Neogenin-mediated Hemojuvelin Shedding Occurs after Hemojuvelin Traffics to the Plasma Membrane*

HFE2 (hemochromatosis type 2 gene) is highly expressed in skeletal muscle and liver hepatocytes. Its encoded protein, hemojuvelin (HJV), is a co-receptor for the bone morphogenetic proteins 2 and 4 (BMP2 and BMP4) and enhances the BMP-induced hepcidin expression. Hepcidin is a central iron regulatory hormone predominantly secreted from hepatocytes. HJV also binds neogenin, a membrane protein widely expressed in many tissues. Neogenin is required for the processing and release of HJV from cells.
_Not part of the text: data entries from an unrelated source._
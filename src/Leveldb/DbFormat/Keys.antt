-- ===== src/Leveldb/DbFormat/Keys.antt =====
-- Internal keys are parsed back, and a lookup key holds the internal key of its arguments.
use mathlib.Core.List.{append_assoc, append-nil}
use wormholefilters.Base.{
  ℕ, ◌+◌, ◌-◌, ◌*◌, ◌/◌, ◌%◌, ◌^◌, ◌≤◌, ◌<◌, ◌≡◌, none, some, List, [], ◌++◌, sym, ap, ◌∙◌, arith,
  leb, ◌==◌, if◌then◌else◌, le→ltb, u32, u64, bit_and_mask, bit_or_disjoint, length, length-append,
  drop, take_append, drop_append, byte_at-append_right,
}
use wormholefilters.Leveldb.Coding.RoundTrip.{decode_fixed64-encode_fixed64, length-encode_fixed64}
use wormholefilters.Leveldb.Coding.{encode_fixed64, decode_fixed64, put_fixed64}
use wormholefilters.Leveldb.Varint.{encode_varint32, put_varint32, put_length_prefixed_slice}
use wormholefilters.Leveldb.DbFormat.{
  ValueType, deletion, value, type_code, ParsedInternalKey, pack_sequence_and_type,
  append_internal_key, extract_user_key, trailer, parse_internal_key, new_lookup_key, internal_key,
  user_key_of, memtable_key,
}

-- A number is read where the first of two strings ends.
decode_fixed64-append_right :
    (xs ys : List ℕ) → decode_fixed64 (xs ++ ys) (length xs) ≡ decode_fixed64 ys 0
unfolding decode_fixed64
decode_fixed64-append_right xs ys =
    let r = byte_at-append_right xs ys in rw (r 0, r 1, r 2, r 3, r 4, r 5, r 6, r 7)

-- The packed number has the sequence above the type.
pub pack_lem :
    (seq : ℕ) (t : ValueType)
    → seq < 2 ^ 56
    → pack_sequence_and_type seq t ≡ seq * 256 + type_code t
unfolding pack_sequence_and_type
pack_lem seq t h =
    let e : u64 (seq * 256) ≡ seq * 256 = omega arith in
    rw e (bit_or_disjoint 8 seq (type_code t) (code-lt t))
  where
    code-lt : (t : ValueType) → type_code t < 2 ^ 8
    code-lt deletion = omega arith
    code-lt value = omega arith

pub packed-lt : (seq : ℕ) (t : ValueType) → seq < 2 ^ 56 → pack_sequence_and_type seq t < 2 ^ 64
packed-lt seq deletion h = omega (arith, pack_lem seq deletion h)
packed-lt seq value h = omega (arith, pack_lem seq value h)

-- The two parts of a user key with a packed number behind it.
module _ (u : List ℕ) (n : ℕ) where
  length_tagged : length (u ++ encode_fixed64 n) - 8 ≡ length u
  length_tagged = omega (arith, length-append u (encode_fixed64 n), length-encode_fixed64 n)

  pub extract_user_key-tagged : extract_user_key (u ++ encode_fixed64 n) ≡ u
  unfolding extract_user_key
  extract_user_key-tagged = rw length_tagged (take_append u (encode_fixed64 n))

  pub trailer-tagged : n < 2 ^ 64 → trailer (u ++ encode_fixed64 n) ≡ n
  unfolding trailer
  trailer-tagged h = rw length_tagged (
      decode_fixed64-append_right u (encode_fixed64 n)
      ∙ ap (λ (x : List ℕ). decode_fixed64 x 0) (sym (append-nil (encode_fixed64 n)))
      ∙ decode_fixed64-encode_fixed64 n [] h)

abbrev pub tagged : ParsedInternalKey → List ℕ
tagged key = key.user_key ++ encode_fixed64 (pack_sequence_and_type key.sequence key.type)

pub append_internal_key-tagged :
    (result : List ℕ) (key : ParsedInternalKey)
    → append_internal_key result key ≡ result ++ tagged key
unfolding append_internal_key put_fixed64
append_internal_key-tagged result key =
    append_assoc result key.user_key (encode_fixed64 (pack_sequence_and_type key.sequence key.type))

parse_tagged :
    (u : List ℕ) (n : ℕ) (t : ValueType) (seq : ℕ)
    → n < 2 ^ 64
    → n ≡ seq * 256 + type_code t
    → parse_internal_key (u ++ encode_fixed64 n)
      ≡ some (record { user_key = u; sequence = seq; type = t })
unfolding parse_internal_key
parse_tagged u n t seq h e =
    let len : 8 ≤ length (u ++ encode_fixed64 n) =
      omega (arith, length-append u (encode_fixed64 n), length-encode_fixed64 n) in
    rw (le→ltb _ 8 len, trailer-tagged u n h, extract_user_key-tagged u n, bit_and_mask 8 n)
      (by_type t e)
  where
    key : ℕ → ValueType → ParsedInternalKey
    key s t = record { user_key = u; sequence = s; type = t }

    by_type :
        (t : ValueType)
        → n ≡ seq * 256 + type_code t
        → (if leb (n % 2 ^ 8) 1
            then some (key (n / 2 ^ 8) (if n % 2 ^ 8 == 0 then deletion else value))
            else none)
          ≡ some (key seq t)
    by_type deletion e =
        let c : n % 2 ^ 8 ≡ 0 = omega (arith, e) in
        let s : n / 2 ^ 8 ≡ seq = omega (arith, e) in rw (c, s)
    by_type value e =
        let c : n % 2 ^ 8 ≡ 1 = omega (arith, e) in
        let s : n / 2 ^ 8 ≡ seq = omega (arith, e) in rw (c, s)

-- A key that `AppendInternalKey` has appended to an empty string is parsed back by `ParseInternalKey`, if
-- its sequence number is below 2 ^ 56.
pub parse_internal_key-append_internal_key :
    (key : ParsedInternalKey)
    → key.sequence < 2 ^ 56
    → parse_internal_key (append_internal_key [] key) ≡ some key
parse_internal_key-append_internal_key key h =
    let n = pack_sequence_and_type key.sequence key.type in
    rw (append_internal_key-tagged [] key) (
      parse_tagged key.user_key n key.type key.sequence (packed-lt key.sequence key.type h)
        (pack_lem key.sequence key.type h))

length-encode_varint32 : (v : ℕ) → length (encode_varint32 v) ≤ 5
unfolding encode_varint32
length-encode_varint32 v = ground arith

-- A lookup key holds the internal key of its arguments with the highest type, its user key, and
-- as the key of a memtable that internal key behind its length; its bytes fit in the array that
-- the constructor takes.
pub new_lookup_key_lem :
    (u : List ℕ) (s : ℕ)
    → (internal_key (new_lookup_key u s)
        ≡ append_internal_key [] (record { user_key = u; sequence = s; type = value }))
      × (user_key_of (new_lookup_key u s) ≡ u)
      × (memtable_key (new_lookup_key u s)
          ≡ put_length_prefixed_slice [] (internal_key (new_lookup_key u s)))
      × (length (memtable_key (new_lookup_key u s)) ≤ length u + 13)
unfolding internal_key user_key_of memtable_key new_lookup_key put_length_prefixed_slice
    put_varint32
new_lookup_key_lem u s =
    let e = encode_fixed64 (pack_sequence_and_type s value) in
    let v = encode_varint32 (u32 (length u + 8)) in
    let key : ParsedInternalKey = record { user_key = u; sequence = s; type = value } in
    let cut : drop (length v) (v ++ (u ++ e)) ≡ u ++ e = drop_append v (u ++ e) in
    let len : length (u ++ e) ≡ length u + 8 =
      omega (arith, length-append u e, length-encode_fixed64 (pack_sequence_and_type s value)) in
    let user : length (v ++ (u ++ e)) - length v - 8 ≡ length u =
      omega (arith, length-append v (u ++ e), len) in
    (
      cut ∙ sym (append_internal_key-tagged [] key),
      rw (user, cut) (take_append u e),
      rw (cut, len),
      omega (arith, length-append v (u ++ e), len, length-encode_varint32 (u32 (length u + 8))),
    )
The role that neogenin plays in HJV trafficking was investigated, using HepG2 cells, a human hepatoma cell line. Knockdown of endogenous neogenin markedly suppresses HJV release but has no evident effect on HJV trafficking to the plasma membrane. The addition of a soluble neogenin ectodomain to cells markedly inhibits HJV release, indicating that the HJV shedding is not processed before trafficking to the cell surface. At the plasma membrane it undergoes endocytosis in a dynamin-independent but cholesterol-dependent manner. The additional findings that HJV release is coupled to lysosomal degradation of neogenin and that cholesterol depletion by filipin blocks both HJV endocytosis and HJV release suggest that neogenin-mediated HJV release occurs after the HJV-neogenin complex is internalized from the cell surface.